◆ Exercise aim
Please repeat the lines below, exactly and only, from the one that holds "and-true true b e = (refl, e)" through the one that holds "let same = (equal_iff".

*** Records supplied Section Begins ***

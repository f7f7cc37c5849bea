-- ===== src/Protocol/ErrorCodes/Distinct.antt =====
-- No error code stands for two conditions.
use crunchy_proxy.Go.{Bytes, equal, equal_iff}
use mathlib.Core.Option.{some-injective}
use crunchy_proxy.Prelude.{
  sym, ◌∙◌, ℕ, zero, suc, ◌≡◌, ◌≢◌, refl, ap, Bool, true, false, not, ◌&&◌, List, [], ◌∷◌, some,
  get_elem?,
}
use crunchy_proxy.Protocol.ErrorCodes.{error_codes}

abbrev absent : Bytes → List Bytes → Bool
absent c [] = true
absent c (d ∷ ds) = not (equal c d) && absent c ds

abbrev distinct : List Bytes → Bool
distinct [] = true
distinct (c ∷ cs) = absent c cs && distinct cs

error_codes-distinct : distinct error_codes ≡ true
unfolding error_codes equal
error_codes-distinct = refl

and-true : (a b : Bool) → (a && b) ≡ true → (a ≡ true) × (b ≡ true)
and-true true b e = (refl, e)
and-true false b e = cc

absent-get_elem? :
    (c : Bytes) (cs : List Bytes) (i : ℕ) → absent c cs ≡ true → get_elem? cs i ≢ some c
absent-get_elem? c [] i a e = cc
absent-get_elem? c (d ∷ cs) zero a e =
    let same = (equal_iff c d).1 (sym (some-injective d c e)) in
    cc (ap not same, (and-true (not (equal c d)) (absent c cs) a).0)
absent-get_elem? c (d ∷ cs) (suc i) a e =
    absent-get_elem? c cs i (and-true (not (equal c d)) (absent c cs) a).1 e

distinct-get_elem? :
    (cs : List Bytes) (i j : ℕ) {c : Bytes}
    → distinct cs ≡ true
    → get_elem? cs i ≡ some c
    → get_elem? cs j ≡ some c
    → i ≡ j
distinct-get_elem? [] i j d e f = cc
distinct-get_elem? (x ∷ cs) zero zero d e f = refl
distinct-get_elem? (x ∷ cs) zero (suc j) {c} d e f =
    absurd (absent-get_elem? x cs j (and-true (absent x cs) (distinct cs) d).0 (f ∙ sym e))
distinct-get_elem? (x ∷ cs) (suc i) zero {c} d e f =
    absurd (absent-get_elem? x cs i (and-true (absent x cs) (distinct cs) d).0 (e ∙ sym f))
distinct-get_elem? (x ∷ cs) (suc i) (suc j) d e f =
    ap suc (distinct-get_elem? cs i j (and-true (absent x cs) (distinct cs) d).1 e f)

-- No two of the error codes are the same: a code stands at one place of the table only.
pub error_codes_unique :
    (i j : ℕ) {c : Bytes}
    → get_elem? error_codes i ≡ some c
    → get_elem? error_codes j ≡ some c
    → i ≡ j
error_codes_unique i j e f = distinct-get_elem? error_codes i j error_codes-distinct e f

*** Records supplied Section Ends ***
*** Records supplied Section Begins ***

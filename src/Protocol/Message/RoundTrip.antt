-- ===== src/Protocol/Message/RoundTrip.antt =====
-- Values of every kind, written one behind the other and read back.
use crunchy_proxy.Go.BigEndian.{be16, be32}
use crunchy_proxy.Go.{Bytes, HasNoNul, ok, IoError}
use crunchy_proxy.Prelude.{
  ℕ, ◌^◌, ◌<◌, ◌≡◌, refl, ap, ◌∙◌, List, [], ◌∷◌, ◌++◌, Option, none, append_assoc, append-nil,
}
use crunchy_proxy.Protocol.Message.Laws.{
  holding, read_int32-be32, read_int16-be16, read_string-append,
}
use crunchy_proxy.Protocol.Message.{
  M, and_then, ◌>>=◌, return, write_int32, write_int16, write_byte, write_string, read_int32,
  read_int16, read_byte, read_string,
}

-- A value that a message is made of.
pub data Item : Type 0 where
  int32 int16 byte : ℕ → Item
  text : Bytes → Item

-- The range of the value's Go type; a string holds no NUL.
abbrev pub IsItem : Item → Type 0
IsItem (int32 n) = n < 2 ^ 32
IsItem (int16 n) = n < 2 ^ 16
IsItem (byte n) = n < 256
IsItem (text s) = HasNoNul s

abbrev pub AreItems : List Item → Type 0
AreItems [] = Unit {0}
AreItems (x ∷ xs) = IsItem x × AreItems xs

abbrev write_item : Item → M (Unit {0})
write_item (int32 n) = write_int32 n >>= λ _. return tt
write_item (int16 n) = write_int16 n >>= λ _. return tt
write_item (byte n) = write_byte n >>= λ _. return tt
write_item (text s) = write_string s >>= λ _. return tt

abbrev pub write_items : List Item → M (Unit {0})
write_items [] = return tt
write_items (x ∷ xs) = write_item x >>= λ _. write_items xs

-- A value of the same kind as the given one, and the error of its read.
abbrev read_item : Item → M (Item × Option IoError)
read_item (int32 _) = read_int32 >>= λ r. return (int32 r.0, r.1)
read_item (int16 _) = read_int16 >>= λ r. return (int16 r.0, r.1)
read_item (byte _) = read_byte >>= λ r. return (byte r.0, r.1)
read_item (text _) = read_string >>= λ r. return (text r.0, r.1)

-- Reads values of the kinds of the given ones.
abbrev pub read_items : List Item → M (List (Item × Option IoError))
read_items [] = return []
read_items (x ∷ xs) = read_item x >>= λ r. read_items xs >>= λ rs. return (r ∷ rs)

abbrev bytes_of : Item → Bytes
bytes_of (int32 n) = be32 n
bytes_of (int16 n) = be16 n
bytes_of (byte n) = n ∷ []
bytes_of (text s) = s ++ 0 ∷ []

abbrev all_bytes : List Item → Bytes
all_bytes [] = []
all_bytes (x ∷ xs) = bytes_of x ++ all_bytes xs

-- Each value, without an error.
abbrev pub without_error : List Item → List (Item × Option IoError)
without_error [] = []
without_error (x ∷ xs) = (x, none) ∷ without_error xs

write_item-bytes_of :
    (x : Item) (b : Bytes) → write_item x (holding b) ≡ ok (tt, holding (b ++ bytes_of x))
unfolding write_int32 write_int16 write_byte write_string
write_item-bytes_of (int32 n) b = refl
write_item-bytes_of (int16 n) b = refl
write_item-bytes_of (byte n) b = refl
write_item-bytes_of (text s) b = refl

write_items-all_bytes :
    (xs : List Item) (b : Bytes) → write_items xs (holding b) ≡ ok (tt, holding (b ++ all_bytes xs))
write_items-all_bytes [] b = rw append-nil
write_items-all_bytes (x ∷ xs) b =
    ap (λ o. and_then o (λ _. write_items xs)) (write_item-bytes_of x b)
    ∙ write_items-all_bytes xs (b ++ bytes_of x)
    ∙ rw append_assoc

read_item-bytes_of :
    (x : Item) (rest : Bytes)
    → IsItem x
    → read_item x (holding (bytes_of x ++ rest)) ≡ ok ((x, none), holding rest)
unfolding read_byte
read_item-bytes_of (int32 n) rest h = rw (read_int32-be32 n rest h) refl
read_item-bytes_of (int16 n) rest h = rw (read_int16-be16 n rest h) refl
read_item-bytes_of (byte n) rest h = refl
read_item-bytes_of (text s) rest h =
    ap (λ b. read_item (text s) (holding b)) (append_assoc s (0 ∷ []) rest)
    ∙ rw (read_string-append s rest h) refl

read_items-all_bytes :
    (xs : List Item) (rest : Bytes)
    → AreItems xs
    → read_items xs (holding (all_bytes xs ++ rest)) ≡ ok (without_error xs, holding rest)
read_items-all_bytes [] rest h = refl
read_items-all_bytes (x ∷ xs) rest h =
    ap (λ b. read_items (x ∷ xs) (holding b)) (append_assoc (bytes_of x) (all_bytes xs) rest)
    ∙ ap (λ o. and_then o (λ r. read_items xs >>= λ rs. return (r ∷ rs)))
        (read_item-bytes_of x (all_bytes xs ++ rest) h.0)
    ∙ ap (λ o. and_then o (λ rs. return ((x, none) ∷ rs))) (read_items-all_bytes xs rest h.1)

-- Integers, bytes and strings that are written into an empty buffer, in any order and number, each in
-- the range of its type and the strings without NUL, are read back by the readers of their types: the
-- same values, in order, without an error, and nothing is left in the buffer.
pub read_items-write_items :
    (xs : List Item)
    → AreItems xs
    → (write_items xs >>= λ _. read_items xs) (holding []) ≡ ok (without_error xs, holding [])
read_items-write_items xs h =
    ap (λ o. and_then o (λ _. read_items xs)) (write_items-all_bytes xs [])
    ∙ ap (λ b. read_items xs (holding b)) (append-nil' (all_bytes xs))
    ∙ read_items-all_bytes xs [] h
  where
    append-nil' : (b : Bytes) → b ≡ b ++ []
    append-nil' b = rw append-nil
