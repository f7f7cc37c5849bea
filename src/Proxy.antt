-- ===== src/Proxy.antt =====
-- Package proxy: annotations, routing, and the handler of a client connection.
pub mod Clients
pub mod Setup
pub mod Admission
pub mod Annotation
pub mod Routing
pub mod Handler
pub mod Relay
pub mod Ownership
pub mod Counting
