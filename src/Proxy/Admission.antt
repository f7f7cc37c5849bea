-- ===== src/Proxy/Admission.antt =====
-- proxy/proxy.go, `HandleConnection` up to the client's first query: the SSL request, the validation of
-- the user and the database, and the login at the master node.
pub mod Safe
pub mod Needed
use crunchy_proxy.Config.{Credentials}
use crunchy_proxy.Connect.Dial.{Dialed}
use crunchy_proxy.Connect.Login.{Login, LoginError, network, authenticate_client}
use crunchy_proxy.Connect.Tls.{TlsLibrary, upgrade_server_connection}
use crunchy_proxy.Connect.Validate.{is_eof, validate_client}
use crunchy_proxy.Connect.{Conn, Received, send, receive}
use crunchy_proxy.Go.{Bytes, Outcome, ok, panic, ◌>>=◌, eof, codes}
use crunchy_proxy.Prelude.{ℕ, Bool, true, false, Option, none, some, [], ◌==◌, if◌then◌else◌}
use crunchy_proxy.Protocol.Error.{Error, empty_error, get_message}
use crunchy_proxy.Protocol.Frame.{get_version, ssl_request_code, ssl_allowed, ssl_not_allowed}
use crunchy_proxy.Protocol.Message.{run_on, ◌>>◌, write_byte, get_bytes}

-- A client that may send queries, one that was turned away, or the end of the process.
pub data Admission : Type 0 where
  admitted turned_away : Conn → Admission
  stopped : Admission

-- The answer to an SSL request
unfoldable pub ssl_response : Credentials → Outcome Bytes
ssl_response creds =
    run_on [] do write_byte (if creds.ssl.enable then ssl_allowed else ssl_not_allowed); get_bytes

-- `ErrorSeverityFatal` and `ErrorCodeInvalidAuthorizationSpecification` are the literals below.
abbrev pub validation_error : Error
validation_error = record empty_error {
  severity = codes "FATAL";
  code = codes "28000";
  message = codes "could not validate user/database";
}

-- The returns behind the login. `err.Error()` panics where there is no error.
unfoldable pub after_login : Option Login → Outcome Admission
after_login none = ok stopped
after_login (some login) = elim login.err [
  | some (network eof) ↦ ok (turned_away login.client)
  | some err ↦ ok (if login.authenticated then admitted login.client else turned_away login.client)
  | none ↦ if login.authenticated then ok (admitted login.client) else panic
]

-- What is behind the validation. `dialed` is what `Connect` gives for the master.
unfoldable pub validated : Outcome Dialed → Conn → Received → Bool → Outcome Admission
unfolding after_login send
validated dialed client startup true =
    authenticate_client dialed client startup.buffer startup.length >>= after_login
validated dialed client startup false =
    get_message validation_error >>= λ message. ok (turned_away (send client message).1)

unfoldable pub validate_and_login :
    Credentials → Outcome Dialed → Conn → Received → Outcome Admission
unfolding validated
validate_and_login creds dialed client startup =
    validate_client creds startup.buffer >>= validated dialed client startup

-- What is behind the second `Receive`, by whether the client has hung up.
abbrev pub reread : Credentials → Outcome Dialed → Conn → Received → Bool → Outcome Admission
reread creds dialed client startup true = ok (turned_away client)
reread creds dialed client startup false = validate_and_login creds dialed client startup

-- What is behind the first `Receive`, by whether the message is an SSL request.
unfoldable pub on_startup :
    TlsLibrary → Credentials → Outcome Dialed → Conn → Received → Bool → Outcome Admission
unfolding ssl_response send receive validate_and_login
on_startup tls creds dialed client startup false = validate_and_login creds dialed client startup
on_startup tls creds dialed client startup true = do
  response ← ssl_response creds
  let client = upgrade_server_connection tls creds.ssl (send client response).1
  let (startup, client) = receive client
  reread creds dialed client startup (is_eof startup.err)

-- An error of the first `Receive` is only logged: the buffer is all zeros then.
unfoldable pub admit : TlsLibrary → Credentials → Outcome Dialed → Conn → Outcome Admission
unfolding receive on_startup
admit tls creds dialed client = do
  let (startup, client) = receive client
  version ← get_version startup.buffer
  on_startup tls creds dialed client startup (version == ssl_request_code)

*** Records supplied Section Ends ***
*** Records supplied Section Begins ***

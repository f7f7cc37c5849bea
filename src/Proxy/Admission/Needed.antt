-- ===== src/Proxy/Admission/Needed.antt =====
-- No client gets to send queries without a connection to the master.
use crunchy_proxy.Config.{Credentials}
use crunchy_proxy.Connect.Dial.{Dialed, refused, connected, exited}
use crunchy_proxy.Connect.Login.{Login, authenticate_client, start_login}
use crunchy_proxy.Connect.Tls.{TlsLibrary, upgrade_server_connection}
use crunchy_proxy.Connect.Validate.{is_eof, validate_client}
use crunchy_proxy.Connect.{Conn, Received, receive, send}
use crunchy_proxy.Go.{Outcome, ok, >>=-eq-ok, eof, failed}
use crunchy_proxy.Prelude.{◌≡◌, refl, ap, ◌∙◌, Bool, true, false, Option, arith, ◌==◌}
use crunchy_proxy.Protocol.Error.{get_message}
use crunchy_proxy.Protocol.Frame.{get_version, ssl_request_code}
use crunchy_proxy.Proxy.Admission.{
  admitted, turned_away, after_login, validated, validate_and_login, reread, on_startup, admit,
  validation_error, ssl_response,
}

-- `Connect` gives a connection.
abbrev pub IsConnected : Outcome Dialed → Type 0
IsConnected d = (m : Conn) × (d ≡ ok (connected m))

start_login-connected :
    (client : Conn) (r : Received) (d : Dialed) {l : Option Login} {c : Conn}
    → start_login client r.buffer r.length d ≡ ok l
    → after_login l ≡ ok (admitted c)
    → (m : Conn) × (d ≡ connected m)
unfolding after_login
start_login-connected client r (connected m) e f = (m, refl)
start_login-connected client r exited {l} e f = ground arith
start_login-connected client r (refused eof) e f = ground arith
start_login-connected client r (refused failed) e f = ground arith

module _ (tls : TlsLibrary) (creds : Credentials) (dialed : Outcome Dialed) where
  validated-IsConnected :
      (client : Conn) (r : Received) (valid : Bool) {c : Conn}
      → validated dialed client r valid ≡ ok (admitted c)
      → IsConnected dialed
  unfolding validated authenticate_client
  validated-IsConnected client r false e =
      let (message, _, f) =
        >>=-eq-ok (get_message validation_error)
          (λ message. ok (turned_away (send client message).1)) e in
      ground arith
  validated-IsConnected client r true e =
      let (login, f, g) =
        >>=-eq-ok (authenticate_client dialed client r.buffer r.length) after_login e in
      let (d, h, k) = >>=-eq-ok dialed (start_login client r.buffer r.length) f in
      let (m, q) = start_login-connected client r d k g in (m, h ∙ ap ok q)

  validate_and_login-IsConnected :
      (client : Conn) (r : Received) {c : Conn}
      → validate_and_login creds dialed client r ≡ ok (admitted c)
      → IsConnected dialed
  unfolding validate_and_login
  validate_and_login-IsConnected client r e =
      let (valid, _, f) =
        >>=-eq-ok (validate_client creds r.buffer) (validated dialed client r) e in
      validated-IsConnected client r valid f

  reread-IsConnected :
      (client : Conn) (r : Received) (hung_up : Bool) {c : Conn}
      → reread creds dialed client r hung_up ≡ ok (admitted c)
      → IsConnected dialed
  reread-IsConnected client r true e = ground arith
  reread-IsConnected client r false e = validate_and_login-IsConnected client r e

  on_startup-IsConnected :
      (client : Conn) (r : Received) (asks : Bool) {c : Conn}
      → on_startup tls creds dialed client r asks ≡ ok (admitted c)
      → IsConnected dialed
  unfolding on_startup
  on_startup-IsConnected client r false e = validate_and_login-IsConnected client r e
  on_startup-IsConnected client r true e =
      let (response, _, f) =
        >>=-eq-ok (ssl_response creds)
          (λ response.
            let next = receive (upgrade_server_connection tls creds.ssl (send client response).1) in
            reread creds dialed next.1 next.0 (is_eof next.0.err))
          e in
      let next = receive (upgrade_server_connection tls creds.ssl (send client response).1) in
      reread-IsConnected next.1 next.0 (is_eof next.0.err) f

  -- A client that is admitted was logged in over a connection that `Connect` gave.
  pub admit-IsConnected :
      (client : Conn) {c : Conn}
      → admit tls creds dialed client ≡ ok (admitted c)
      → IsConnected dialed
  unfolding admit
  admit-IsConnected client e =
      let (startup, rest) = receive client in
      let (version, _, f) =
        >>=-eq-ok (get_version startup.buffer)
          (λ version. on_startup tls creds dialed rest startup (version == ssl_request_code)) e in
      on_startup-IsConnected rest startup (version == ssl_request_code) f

*** Records supplied Section Ends ***

◆ Exercise solution
and-true true b e = (refl, e)
and-true false b e = cc

absent-get_elem? :
    (c : Bytes) (cs : List Bytes) (i : ℕ) → absent c cs ≡ true → get_elem? cs i ≢ some c
absent-get_elem? c [] i a e = cc
absent-get_elem? c (d ∷ cs) zero a e =
    let same = (equal_iff c d).1 (sym (some-injective d c e)) in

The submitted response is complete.